GARTHWILSON wrote:
Several other desirables are already implemented in the 65816, like a long relative branch, stack-relative addressing, block move, push an indirect address or a literal on the stack, movable base page that doesn't have to be ZP, 16-bit stack pointer, etc..
I had sent an instruction suggestion to WDC the other day, and got an e-mail back from Bill Mensch himself. I was surprised at that.
Anyway, I recommended adding two instructions: ADX and ADY -- add a signed value to either X or Y. It would have the same addressing modes as CPX and CPY. Because the value added is sign-extended, there would be no immediate need for a SBX/SBY (subtract from X/Y) instruction. Also, ADX/ADY would behave as if the carry flag were pre-cleared. Thus, doing a 16-bit or 32-bit addition with these instructions would become about as efficient as doing an 8-bit or 16-bit addition with the existing processors.
Quote:
Putting just a few of Forth's internals like NEXT , nest , and unnest in microcode would make a big difference in execution speed and I believe could be used for other higher-level languages as well.
While this is true, I wouldn't rank this as terribly high priority.

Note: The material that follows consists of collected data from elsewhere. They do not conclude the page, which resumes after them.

-- ===== src/Queries.antt =====
-- The queries and mutations of the console: web/src/features/functions/queries.ts,
-- web/src/features/triggers/queries.ts and web/src/features/projects/queries.ts, over the query
-- library (its matching of keys is the parameter `covers`) and the API client with its middleware
-- (the reading of a good response by openapi-fetch is the parameter `read`).
pub mod Functions
pub mod Mutations
pub mod Triggers
pub mod Projects
pub mod Raw
pub mod Laws
pub mod Failures
pub mod Keys
pub mod Sample
mod Tests
use nanas.Prelude.{
  ℕ, ◌≡◌, Bool, true, false, not, ◌||◌, List, [], ◌∷◌, ◌++◌, Option, none, some, if◌then◌else◌,
  or_else, and_then,
}
use nanas.Prelude.Text.{Text}
use nanas.Prelude.Json
use nanas.Prelude.Json.{Json, property}
use nanas.Http.{Response}
use nanas.Web.Problem.{ProblemBody, ProblemError}
use nanas.Web.Session.{SessionState, truthy_json, not_null}
use nanas.Web.Client
use nanas.Web.Client.{Outcome, on_response}
use nanas.Web.LocalCache
use nanas.Web.LocalCache.{CachedItem, Parsed, World, storage_key, add_cached}

-- One element of a query key.
pub data Part : Type 0 where
  word : Text → Part
  number : ℕ → Part
  given : Json → Part
  missing : Part

abbrev pub Key : Type 0
Key = List Part

pub record ApiRequest : Type 0 where
  pub method : Text
  pub path : Text
  pub params : List (Text × Text)
  pub query : List (Text × ℕ)
  pub body : Option Json

-- What a call of the API client gives: `none` is `undefined`.
pub record Fetched : Type 0 where
  pub data_of : Option Json
  pub error_of : Option Json

pub data Result : Type 0 where
  threw_problem : ProblemError → Result
  threw_value : Json → Result
  threw_type_error : Result
  value : Option Json → Result

-- `if (error) throw error`, before what is read of the data.
unfoldable pub throw_error : Fetched → Result → Result
throw_error f result = elim f.error_of [
  | none ↦ result
  | some e ↦ if truthy_json e then threw_value e else result
]

-- `(data as ...)?.name ?? otherwise`
unfoldable pub field_or : Text → Json → Option Json → Option Json
field_or name otherwise d = some (or_else (not_null (and_then d (property name))) otherwise)

-- `(data as ...).name ?? otherwise`: a field of `undefined` or `null` cannot be read.
unfoldable pub read_field : Text → Json → Option Json → Result
unfolding field_or
read_field name otherwise none = threw_type_error
read_field name otherwise (some Json.null) = threw_type_error
read_field name otherwise (some v) = value (field_or name otherwise (some v))

-- A query of the library; `refetch_interval` is in milliseconds, `none` is `false`.
pub record Query : Type 0 where
  pub query_key : Key
  pub enabled : Bool
  pub request : ApiRequest
  pub select : Fetched → Result
  pub refetch_interval : Option Json → Option ℕ

abbrev pub never : Option Json → Option ℕ
never d = none

-- The call of a query function: the response goes through the middleware first.
module _ (parse : Text → Option Json) (as_body : Json → ProblemBody)
    (read : Response → Fetched) where
  unfoldable pub run_query : Text → SessionState → Query → Response → Result
  unfolding on_response
  run_query language s q response = elim ((on_response parse as_body language s response).1) [
    | Outcome.returned r ↦ q.select (read r)
    | Outcome.thrown e ↦ threw_problem e
  ]

-- What a mutation does when it has succeeded.
pub data Effect : Type 0 where
  remember : (scope project_id : Text) → CachedItem → Effect
  invalidate : Key → Effect

-- The local cache, and the keys that were invalidated.
pub record Store : Type 0 where
  pub world : World
  pub invalidated : List Key

-- The effects in order; an exception of the local cache ends them. The first component is whether
-- there was none.
module _ (parse : Text → Parsed) (stringify : List CachedItem → Text) (accepts : Text → Text → Bool)
    (now : ℕ) where
  unfoldable pub run_effects : List Effect → Store → Bool × Store
  unfolding add_cached storage_key
  run_effects [] s = (true, s)
  run_effects (remember scope pid item ∷ effects) s =
      let w = s.world in
      elim (add_cached parse stringify accepts (storage_key scope pid) now item w) [
        | LocalCache.returned w' items ↦ run_effects effects (record s { world = w' })
        | LocalCache.failed w' ↦ (false, record s { world = w' })
      ]
  run_effects (invalidate k ∷ effects) s =
      run_effects effects (record s { invalidated = k ∷ s.invalidated })

-- A key is stale where an invalidated key covers it.
unfoldable pub is_stale : (covers : Key → Key → Bool) → List Key → Key → Bool
is_stale covers [] k = false
is_stale covers (p ∷ ps) k = covers p k || is_stale covers ps k
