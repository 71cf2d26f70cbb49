-- ===== src/Queries/Functions.antt =====
-- web/src/features/functions/queries.ts: the keys, queries and mutations of functions.
use nanas.Prelude.{
  ℕ, ◌-◌, ◌*◌, Bool, false, not, ◌&&◌, ◌||◌, List, [], ◌∷◌, Option, none, some, if◌then◌else◌,
  or_else, and_then,
}
use nanas.Prelude.Text.{Text, codes, text_eq}
use nanas.Prelude.Json.{Json, null, arr, nil, num, property, as_text}
use nanas.Http.{truthy}
use nanas.Queries.{
  Part, word, number, given, missing, Key, ApiRequest, Fetched, threw_value, value, throw_error,
  field_or, Query, never,
}
use nanas.Web.Session.{truthy_json}

abbrev pub functions : Part
functions = word (codes "functions")

unfoldable pub all_key : (pid : Text) → Key
all_key pid = functions ∷ word pid ∷ []

unfoldable pub list_key : (pid : Text) → (page : ℕ) → (filters : Json) → Key
list_key pid page filters =
    functions ∷ word pid ∷ word (codes "list") ∷ number page ∷ given filters ∷ []

unfoldable pub detail_key : (pid fid : Text) → Key
detail_key pid fid = functions ∷ word pid ∷ word (codes "detail") ∷ word fid ∷ []

unfoldable pub versions_key : (pid fid : Text) → Key
versions_key pid fid = functions ∷ word pid ∷ word (codes "versions") ∷ word fid ∷ []

unfoldable pub deployments_key : (pid fid : Text) → Key
deployments_key pid fid = functions ∷ word pid ∷ word (codes "deployments") ∷ word fid ∷ []

-- `['functions', 'noop']`
abbrev pub noop_key : Key
noop_key = functions ∷ word (codes "noop") ∷ []

abbrev pub get : (path : Text) → (params : List (Text × Text)) → ApiRequest
get path params = record {
  method = codes "GET";
  path = path;
  params = params;
  query = [];
  body = none;
}

abbrev pub post : (path : Text) → (params : List (Text × Text)) → Option Json → ApiRequest
post path params body = record {
  method = codes "POST";
  path = path;
  params = params;
  query = [];
  body = body;
}

abbrev pub pid_param : Text → Text × Text
pid_param pid = (codes "pid", pid)

abbrev pub fid_param : Text → Text × Text
fid_param fid = (codes "fid", fid)

unfoldable pub functions_list :
    (pid : Option Text) → (page page_size : ℕ) → (filters : Json) → Query
unfolding list_key throw_error field_or
functions_list pid page page_size filters = record {
  query_key = if truthy pid then list_key (or_else pid []) page filters else noop_key;
  enabled = truthy pid;
  request = record (get (codes "/v1/projects/{pid}/functions") (pid_param (or_else pid []) ∷ [])) {
    query = (codes "limit", page_size) ∷ (codes "offset", (page - 1) * page_size) ∷ [];
  };
  select =
      λ (f : Fetched). throw_error f (value (field_or (codes "functions") (arr nil) f.data_of));
  refetch_interval = never;
}

-- The queries of one function, which wait for both identifiers.
abbrev pub of_function :
    (key : Text → Text → Key)
    → (path : Text) → (read : Option Json → Option Json) → (pid fid : Option Text) → Query
of_function key path read pid fid = record {
  query_key = if truthy pid && truthy fid then key (or_else pid []) (or_else fid []) else noop_key;
  enabled = truthy pid && truthy fid;
  request = get path (pid_param (or_else pid []) ∷ fid_param (or_else fid []) ∷ []);
  select = λ (f : Fetched). throw_error f (value (read f.data_of));
  refetch_interval = never;
}

unfoldable pub function_detail : (pid fid : Option Text) → Query
unfolding detail_key throw_error
function_detail pid fid =
    of_function detail_key (codes "/v1/projects/{pid}/functions/{fid}") (λ d. d) pid fid

unfoldable pub function_versions : (pid fid : Option Text) → Query
unfolding versions_key throw_error field_or
function_versions pid fid =
    of_function versions_key (codes "/v1/projects/{pid}/functions/{fid}/versions")
      (field_or (codes "versions") (arr nil)) pid fid

unfoldable pub function_deployments : (pid fid : Option Text) → Query
unfolding deployments_key throw_error field_or
function_deployments pid fid =
    of_function deployments_key (codes "/v1/projects/{pid}/functions/{fid}/deployments")
      (field_or (codes "deployments") (arr nil)) pid fid

-- `options?.refetchInterval` is `none` where it is not given.
unfoldable pub deployment_by_id : (did : Option Text) → (option : Option (Option ℕ)) → Query
unfolding throw_error field_or
deployment_by_id did option = record {
  query_key =
      word (codes "deployments") ∷ word (if truthy did then or_else did [] else codes "noop") ∷ [];
  enabled = truthy did;
  request = get (codes "/v1/deployments/{did}") ((codes "did", or_else did []) ∷ []);
  select = λ (f : Fetched). throw_error f (value (field_or (codes "deployment") null f.data_of));
  refetch_interval = λ d. or_else option (some 1500);
}

unfoldable pub has_status : Text → Option Json → Bool
has_status status d = elim (and_then (and_then d (property (codes "build_status"))) as_text) [
  | none ↦ false
  | some s ↦ text_eq s status
]

-- `data && (... === 'complete' || ... === 'failed') ? false : 2500`; a value with a build status is
-- an object.
unfoldable pub build_interval : Option Json → Option ℕ
unfolding has_status
build_interval d =
    if has_status (codes "complete") d || has_status (codes "failed") d then none else some 2500

unfoldable pub build_status : (pid fid : Text) → (vid : Option Text) → Query
unfolding throw_error build_interval
build_status pid fid vid = record {
  query_key =
      word (codes "build")
      ∷ word pid
      ∷ word fid
      ∷ elim vid [ none ↦ missing | some v ↦ word v ]
      ∷ [];
  enabled = truthy vid;
  request =
      get (codes "/v1/projects/{pid}/functions/{fid}/versions/{vid}/build")
        (pid_param pid ∷ fid_param fid ∷ (codes "vid", or_else vid []) ∷ []);
  select = λ (f : Fetched). throw_error f (value f.data_of);
  refetch_interval = build_interval;
}

abbrev pub entrypoint_key : (pid fid : Text) → Key
entrypoint_key pid fid = word (codes "entrypoint") ∷ word pid ∷ word fid ∷ []

abbrev pub entrypoint_path : Text
entrypoint_path = codes "/v1/projects/{pid}/functions/{fid}/entrypoint"

-- `error.status === 404`; a status is written in its digits.
unfoldable pub is_404 : Json → Bool
is_404 e = elim (property (codes "status") e) [
  | none ↦ false
  | some v ↦ elim v [ num s ↦ text_eq s (codes "404") | _ ↦ false ]
]

unfoldable pub entrypoint : (pid fid : Text) → Query
unfolding is_404
entrypoint pid fid = record {
  query_key = entrypoint_key pid fid;
  enabled = truthy (some fid);
  request = get entrypoint_path (pid_param pid ∷ fid_param fid ∷ []);
  select = λ (f : Fetched). elim f.error_of [
    | none ↦ value f.data_of
    | some e ↦
        if not (truthy_json e)
        then value f.data_of
        else if is_404 e
        then value (some null)
        else threw_value e
  ];
  refetch_interval = never;
}
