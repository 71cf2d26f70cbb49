-- ===== src/Queries/Raw.antt =====
-- What the pages make of a query while it loads and after, and the reading of an answer to
-- `rawFetch` that ProjectApiKeysTab.tsx, ProjectMembersTab.tsx, ProjectOverviewTab.tsx,
-- ProjectSettingsTab.tsx, StorageBrowserPage.tsx and triggers/queries.ts (web/src/features) repeat.
-- MetricsPage.tsx does not: it throws an error of its own, whatever the body is.
pub mod Laws
use nanas.Prelude.{
  Bool, List, [], ◌∷◌, ◌++◌, Option, none, some, if◌then◌else◌, or_else, ◌⊎◌, inl, inr,
}
use nanas.Prelude.Text.{Text, codes}
use nanas.Prelude.Json
use nanas.Prelude.Json.{Json}
use nanas.Http.{Headers, Response, is_ok}
use nanas.Web.Problem.{ProblemBody, problem_error, is_problem, Thrown, problem, error}

-- The result of `useQuery`.
pub record Loaded (A : Type 0) : Type 0 where
  pub is_loading : Bool
  pub error_of : Option Thrown
  pub data_of : Option A

-- `await res.json().catch(() => null)`, and what is thrown where the status is none of success:
-- the problem of the body, or an error with a text of the page.
module _ (parse : Text → Option Json) (as_body : Json → ProblemBody) where
  unfoldable pub settle : (language otherwise : Text) → Response → Thrown ⊎ Json
  unfolding is_problem is_ok
  settle language otherwise res =
      let body = or_else (parse res.text) Json.null in
      if is_ok res
      then inr body
      else if is_problem body
      then inl (problem (problem_error language res.status (as_body body)))
      else inl (error otherwise)

-- What is handed to `rawFetch`; the body is text by `JSON.stringify`.
pub record RawRequest : Type 0 where
  pub input : Text
  pub method : Text
  pub headers : Headers
  pub body : Option Json

-- `/v1/projects/${pid}` and what follows it
unfoldable pub of_project : (pid rest : Text) → Text
of_project pid rest = codes "/v1/projects/" ++ (pid ++ rest)

abbrev pub json_headers : Headers
json_headers = (codes "content-type", codes "application/json") ∷ []
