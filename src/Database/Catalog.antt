-- ===== src/Database/Catalog.antt =====
-- web/src/features/database/TablesCatalogPage.tsx: the tables of the catalogue, with the buttons
-- that put a table on the allowlist and take it off. `goes_before a b` is that
-- `a.localeCompare(b)` is not positive; the order of names is the platform's.
pub mod Laws
use nanas.Prelude.{
  Bool, true, false, not, ◌||◌, List, [], ◌∷◌, ◌++◌, map, keep, Option, none, some, if◌then◌else◌,
  or_else, or_option,
}
use nanas.Prelude.Text.{Text, codes, text_eq, to_lower}
use nanas.Prelude.Names.{contains}
use nanas.Prelude.Sort.{sort_by}
use nanas.Prelude.Json.{Json, Items, arr, nil, cons, obj, field, end, str}
use nanas.Http.{truthy}
use nanas.Web.Problem.{Thrown}
use nanas.Queries.{
  word, Key, ApiRequest, Fetched, throw_error, read_field, Query, never, Effect, invalidate,
}
use nanas.Queries.Functions.{get, pid_param}
use nanas.Queries.Raw.{Loaded}

-- The loop over the names, with the set of those seen.
unfoldable pub drop_seen : (seen tables : List Text) → List Text
unfolding contains to_lower
drop_seen seen [] = []
drop_seen seen (x ∷ xs) =
    let k = to_lower x in
    let rest = drop_seen (k ∷ seen) xs in
    let skipped = drop_seen seen xs in if contains seen k then skipped else x ∷ rest

unfoldable pub dedupe_sorted_tables :
    (goes_before : Text → Text → Bool) → (tables : List Text) → List Text
unfolding drop_seen sort_by
dedupe_sorted_tables goes_before tables = sort_by goes_before (drop_seen [] tables)

unfoldable pub catalog_key : (pid : Text) → Key
catalog_key pid = word (codes "projects") ∷ word pid ∷ word (codes "tenant-catalog-tables") ∷ []

unfoldable pub allowlist_key : (pid : Text) → Key
allowlist_key pid = word (codes "projects") ∷ word pid ∷ word (codes "data-allowlist") ∷ []

-- Both queries read a field `tables` of the answer.
abbrev pub tables_query : (key : Key) → (path : Text) → (pid : Option Text) → Query
tables_query key path pid = record {
  query_key = key;
  enabled = truthy pid;
  request = get path (pid_param (or_else pid []) ∷ []);
  select = λ (f : Fetched). throw_error f (read_field (codes "tables") (arr nil) f.data_of);
  refetch_interval = never;
}

unfoldable pub catalog : (pid : Option Text) → Query
unfolding catalog_key throw_error read_field
catalog pid =
    tables_query (catalog_key (or_else pid [])) (codes "/v1/projects/{pid}/data/catalog/tables") pid

unfoldable pub allowlist : (pid : Option Text) → Query
unfolding allowlist_key throw_error read_field
allowlist pid =
    tables_query (allowlist_key (or_else pid []))
      (codes "/v1/projects/{pid}/settings/data-allowlist") pid

abbrev pub texts : List Text → Items
texts [] = nil
texts (t ∷ ts) = cons (str t) (texts ts)

unfoldable pub patch : (pid : Text) → (tables : List Text) → ApiRequest
patch pid tables = record {
  method = codes "PATCH";
  path = codes "/v1/projects/{pid}/settings/data-allowlist";
  params = pid_param pid ∷ [];
  query = [];
  body = some (obj (field (codes "tables") (arr (texts tables)) end));
}

unfoldable pub patched : (pid : Text) → List Effect
unfolding allowlist_key
patched pid = invalidate (allowlist_key pid) ∷ []

-- The queries of the page, and whether a change is on its way.
pub record Page : Type 0 where
  pub catalog : Loaded (List Text)
  pub allowlist : Loaded (List Text)
  pub is_pending : Bool

unfoldable pub allowed_lower : Page → List Text
unfolding to_lower
allowed_lower p = map to_lower (or_else p.allowlist.data_of [])

unfoldable pub on_list : Page → Text → Bool
unfolding contains allowed_lower to_lower
on_list p name = contains (allowed_lower p) (to_lower name)

-- A row: its name, whether it has the badge, and the names that a click on its button sends.
pub record Row : Type 0 where
  pub name : Text
  pub allowlisted : Bool
  pub disabled : Bool
  pub click : List Text

unfoldable pub row : (goes_before : Text → Text → Bool) → Page → Text → Row
unfolding on_list dedupe_sorted_tables
row goes_before p name = record {
  name = name;
  allowlisted = on_list p name;
  disabled = p.is_pending;
  click =
      if on_list p name
      then dedupe_sorted_tables goes_before
          (keep (λ x. not (text_eq (to_lower x) (to_lower name))) (or_else p.allowlist.data_of []))
      else dedupe_sorted_tables goes_before (or_else p.allowlist.data_of [] ++ (name ∷ []));
}

-- What stands below the heading; no rows are the note that there is no table.
pub data View : Type 0 where
  skeleton : View
  rows : List Row → View

unfoldable pub view : (goes_before : Text → Text → Bool) → Page → View
unfolding row
view goes_before p =
    if p.catalog.is_loading || p.allowlist.is_loading
    then skeleton
    else rows (map (row goes_before p) (or_else p.catalog.data_of []))

unfoldable pub list_error : Page → Option Thrown
list_error p = or_option p.catalog.error_of p.allowlist.error_of
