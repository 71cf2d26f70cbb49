-- ===== src/Database/Catalog/Laws.antt =====
-- What the buttons of the catalogue send: the list without repetition, and the change of one name.
use nanas.Prelude.{
  ◌≡◌, refl, ap, Bool, true, false, not, ◌&&◌, List, [], ◌∷◌, ◌++◌, map, keep, some, none, fun_ext,
  if◌then◌else◌, arith, or_else, Bool-cases, inl, inr, ◌⊎◌, Listed, All,
}
use nanas.Prelude.Text.{Text, text_eq, text_eq_iff, to_lower}
use nanas.Prelude.Names.{
  contains, IsDistinct, contains-added, contains-keep, contains-sort_by, sort_by-IsDistinct, unique,
  contains-unique, unique-IsDistinct,
}
use nanas.Prelude.Sort.{sort_by, IsSorted, sort_by-IsSorted, All-sort_by}
use nanas.Database.Catalog.{
  drop_seen, dedupe_sorted_tables, Page, on_list, allowed_lower, row, rows, view,
}

abbrev pub lower_names : List Text → List Text
lower_names = map to_lower

-- The loop is what a set keeps of the names.
drop_seen-unique : (seen xs : List Text) → drop_seen seen xs ≡ unique to_lower seen xs
unfolding drop_seen unique
drop_seen-unique seen [] = refl
drop_seen-unique seen (x ∷ xs) =
    rw (drop_seen-unique (to_lower x ∷ seen) xs, drop_seen-unique seen xs) refl

contains-drop_seen :
    (seen xs : List Text) (k : Text)
    → contains (lower_names (drop_seen seen xs)) k
      ≡ (contains (lower_names xs) k && not (contains seen k))
contains-drop_seen seen xs k = rw (drop_seen-unique seen xs) (contains-unique to_lower seen xs k)

drop_seen-IsDistinct : (seen xs : List Text) → IsDistinct (lower_names (drop_seen seen xs))
drop_seen-IsDistinct seen xs = rw (drop_seen-unique seen xs) (unique-IsDistinct to_lower seen xs)

All-drop_seen : (P : Text → Type 0) (seen xs : List Text) → All P xs → All P (drop_seen seen xs)
unfolding drop_seen
All-drop_seen P seen [] h = tt
All-drop_seen P seen (x ∷ xs) h =
    ground (arith, All-drop_seen P seen xs h.1, All-drop_seen P (to_lower x ∷ seen) xs h.1)

All-imp : (P Q : Text → Type 0) (xs : List Text) → ((x : Text) → P x → Q x) → All P xs → All Q xs
All-imp P Q [] f h = tt
All-imp P Q (x ∷ xs) f h = (f x h.0, All-imp P Q xs f h.1)

All-Listed : (xs : List Text) → All (λ x. Listed x xs) xs
All-Listed [] = tt
All-Listed (x ∷ xs) = (
  inl refl,
  All-imp (λ y. Listed y xs) (λ y. Listed y (x ∷ xs)) xs (λ y h. inr h) (All-Listed xs),
)

module _ (goes_before : Text → Text → Bool) where
  contains-dedupe :
      (ts : List Text) (k : Text)
      → contains (lower_names (dedupe_sorted_tables goes_before ts)) k ≡ contains (lower_names ts) k
  unfolding dedupe_sorted_tables contains
  contains-dedupe ts k =
      ground (
        arith,
        contains-sort_by to_lower goes_before (drop_seen [] ts) k,
        contains-drop_seen [] ts k,
      )

  -- The list that is sent is in order, has no name twice, in whatever case, has the names of the
  -- given list and no other, up to case, and each is one of the given.
  pub dedupe_sorted_tables_lem :
      ((x y z : Text) → goes_before x y ≡ true → goes_before y z ≡ true → goes_before x z ≡ true)
      → ((x y : Text) → (goes_before x y ≡ true) ⊎ (goes_before y x ≡ true))
      → (ts : List Text) (name : Text)
      → IsSorted goes_before (dedupe_sorted_tables goes_before ts)
        × IsDistinct (lower_names (dedupe_sorted_tables goes_before ts))
        × (contains (lower_names (dedupe_sorted_tables goes_before ts)) (to_lower name)
            ≡ contains (lower_names ts) (to_lower name))
        × All (λ t. Listed t ts) (dedupe_sorted_tables goes_before ts)
  unfolding dedupe_sorted_tables
  dedupe_sorted_tables_lem transitive total ts name =
      let kept = drop_seen [] ts in
      (
        sort_by-IsSorted goes_before kept transitive total,
        sort_by-IsDistinct to_lower goes_before kept (drop_seen-IsDistinct [] ts),
        contains-dedupe ts (to_lower name),
        All-sort_by (λ t. Listed t ts) goes_before kept
            (All-drop_seen (λ t. Listed t ts) [] ts (All-Listed ts)),
      )

  click-contains :
      (p : Page) (name k : Text)
      → contains (lower_names (row goes_before p name).click) k
        ≡ (if text_eq (to_lower name) k then not (on_list p name) else contains (allowed_lower p) k)
  unfolding row on_list allowed_lower
  click-contains p name k =
      let held = or_else p.allowlist.data_of [] in
      let was = contains (lower_names held) (to_lower name) in
      elim (Bool-cases was) [
        | inl here ↦
            let others = contains-keep to_lower held (to_lower name) k in
            let kept = keep (λ x. not (text_eq (to_lower x) (to_lower name))) held in
            rw here (ground (arith, others, contains-dedupe kept k))
        | inr absent ↦
            let added = contains-added to_lower held name k in
            rw absent (
              ground (
                arith,
                contains-dedupe (held ++ (name ∷ [])) k,
                added,
                absent,
                text_eq_iff (to_lower name) k,
              ))
      ]

  -- A click on the button of a table, once the page has the list that was sent: the table is on the
  -- list exactly if it was not before, and every other table is on it exactly if it was, where a
  -- table is one name in whatever case.
  pub click-on_list :
      (p p' : Page) (name other : Text)
      → p'.allowlist.data_of ≡ some ((row goes_before p name).click)
      → on_list p' other ≡ (
          if text_eq (to_lower name) (to_lower other)
          then not (on_list p other)
          else on_list p other)
  unfolding on_list allowed_lower
  click-on_list p p' name other sent =
      let changed = click-contains p name (to_lower other) in
      ground (arith, sent, changed, text_eq_iff (to_lower name) (to_lower other))

  row-unread :
      (p : Page)
      → p.allowlist.data_of ≡ none
      → (n : Text)
      → row goes_before p n
        ≡ record { name = n; allowlisted = false; disabled = p.is_pending; click = n ∷ [] }
  unfolding row on_list allowed_lower contains dedupe_sorted_tables drop_seen sort_by
  row-unread p unread n = rw (unread, row) refl

  -- Where the allowlist could not be read, and the catalogue could, every table is shown as one that
  -- is not on the list, and a click sends a list of that table alone, whatever the list holds.
  pub view-unread :
      (p : Page) (names : List Text)
      → p.catalog.is_loading ≡ false
      → p.allowlist.is_loading ≡ false
      → p.catalog.data_of ≡ some names
      → p.allowlist.data_of ≡ none
      → view goes_before p
        ≡ rows (
            map
              (λ (n : Text). record {
                name = n;
                allowlisted = false;
                disabled = p.is_pending;
                click = n ∷ [];
              })
              names)
  unfolding view
  view-unread p names done read have unread =
      rw (done, read, have) (ap (λ f. rows (map f names)) (fun_ext (row-unread p unread)))
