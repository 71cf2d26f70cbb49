-- ===== src/Database/Tests.antt =====
-- A catalogue of three tables, in the order of their length.
use nanas.Prelude.{
  ◌≡◌, refl, Bool, true, false, not, List, [], ◌∷◌, map, none, some, leb, length, arith, Listed,
  All, if◌then◌else◌,
}
use nanas.Prelude.Text.{Text, codes, text_eq, to_lower}
use nanas.Prelude.Names.{contains, IsDistinct}
use nanas.Prelude.Sort.{IsSorted}
use nanas.Queries.Raw.{Loaded}
use nanas.Database.Catalog.{dedupe_sorted_tables, Page, on_list, row, rows, view}
use nanas.Database.Catalog.Laws.{lower_names, dedupe_sorted_tables_lem, click-on_list, view-unread}

abbrev shorter : Text → Text → Bool
shorter a b = leb (length a) (length b)

abbrev tables : List Text
tables = codes "orders" ∷ codes "Notes" ∷ codes "ORDERS" ∷ []

dedupe_sorted_tables_lem_example :
    IsSorted shorter (dedupe_sorted_tables shorter tables)
    × IsDistinct (lower_names (dedupe_sorted_tables shorter tables))
    × (contains (lower_names (dedupe_sorted_tables shorter tables)) (codes "notes")
        ≡ contains (lower_names tables) (codes "notes"))
    × All (λ t. Listed t tables) (dedupe_sorted_tables shorter tables)
unfolding to_lower
dedupe_sorted_tables_lem_example =
    dedupe_sorted_tables_lem shorter (λ x y z p q. ground arith) (λ x y. ground arith) tables
      (codes "notes")

deduped : dedupe_sorted_tables shorter tables ≡ codes "Notes" ∷ codes "orders" ∷ []
unfolding dedupe_sorted_tables text_eq
deduped = refl

abbrev loaded : List Text → Loaded (List Text)
loaded ts = record { is_loading = false; error_of = none; data_of = some ts }

abbrev page : Page
page = record {
  catalog = loaded (codes "notes" ∷ codes "users" ∷ []);
  allowlist = loaded tables;
  is_pending = false;
}

abbrev clicked : Page
clicked = record page { allowlist = loaded (row shorter page (codes "notes")).click }

click-on_list_example : on_list clicked (codes "NOTES") ≡ (
    if text_eq (to_lower (codes "notes")) (to_lower (codes "NOTES"))
    then not (on_list page (codes "NOTES"))
    else on_list page (codes "NOTES"))
click-on_list_example = click-on_list shorter page clicked (codes "notes") (codes "NOTES") refl

was_on_list : on_list page (codes "NOTES") ≡ true
unfolding on_list text_eq
was_on_list = refl

abbrev unread : Page
unread = record page { allowlist = record { is_loading = false; error_of = none; data_of = none } }

view-unread_example :
    view shorter unread
    ≡ rows (
        map
          (λ (n : Text). record { name = n; allowlisted = false; disabled = false; click = n ∷ [] })
          (codes "notes" ∷ codes "users" ∷ []))
view-unread_example =
    view-unread shorter unread (codes "notes" ∷ codes "users" ∷ []) refl refl refl refl
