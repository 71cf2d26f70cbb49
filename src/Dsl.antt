-- ===== src/Dsl.antt =====
-- web/src/features/triggers/PayloadDSLBuilder.tsx: the editor of a trigger's payload DSL.
pub mod Filter
pub mod Builder
mod Tests
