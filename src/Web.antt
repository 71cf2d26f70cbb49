-- ===== src/Web.antt =====
-- web/src: the console, without its pages. Errors, the session, route guards and the API client.
pub mod Problem
pub mod Session
pub mod Guards
pub mod Client
pub mod LocalCache
mod Tests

I would definitely consider, however, adding a rational math coprocessor to the chip. Why rational and not floating point? Because it works with integers and basically consists of an integer multiplier/divider, which takes a whole lot less transistors than a floating point processor. The only really specialized piece of hardware in it would be the rational reducer, which would reduce a fraction to its lowest form.
In addition, rationals can express certain mathematical quantities more precisely than floating point in the same memory space (e.g., 355/113 for Pi, for example).
Note that the dynamic range of the RPU (for lack of better term) wouldn't appear to be as great as an FPU at first, but there are three ways to mitigate this in software:
1. Use the RPU with an explicitly 65xx-managed exponent. This gives a hybrid approach that gives the advantages of both, at a slight expense in speed.
2. Take advantage of units. That is, why multiply a number like 25175000 by .0000009 when you know that the relative exponents of the two will cancel, and you need only multiply 25175 by 9 and scale the result to get the same value?
And finally,
3. Make the RPU scalable so it can handle multiple precision integers in both the numerators and denominators of each rational (e.g., give it a carry/borrow bit, and maybe a few other flags, to let it handle integers larger than it's natural word size). Even if this is done at the cost of speed, it'll still be much faster than the 65xx's own execution speed for this type of math.
This isn't as crazy as it sounds. When I was working for Hifn, I worked quite regularly with a "Bignum" coprocessor ironically called the 6500. The 6500 had 16 registers, each was 1024 bits in size. Yes, 1024 bits. It could do addition (with or without carry), subtraction (with or without borrow), multiplication, division, exponentiation, logical shifting, or any of the above in modulo arithmetic. While it wasn't used for rational math, lord knows it could easily have done so (we actually used it to support real-time cryptography and very high confidence random number generation). It could complete most operations in linear time, depending on where the most significant bit of the operand was located (internally, it had a 32-bit ALU). And it was fast -- faster than a Pentium at working with such large quanitites. Although, a Pentium IV did beat it ... finally.
I'm not sure if Hifn is still making these chips in discrete components; I'm pretty sure they are, but they're probably sunsetting them, as its core has been integrated into other, vastly more sophisticated network processor chips. Math coprocessors have never been Hifn's primary market anyway.
Anyone working on an existing 65816-based design that has a very high need for fast math with high precision, the Hifn 6500 is a very viable option for an external rational math coprocessor.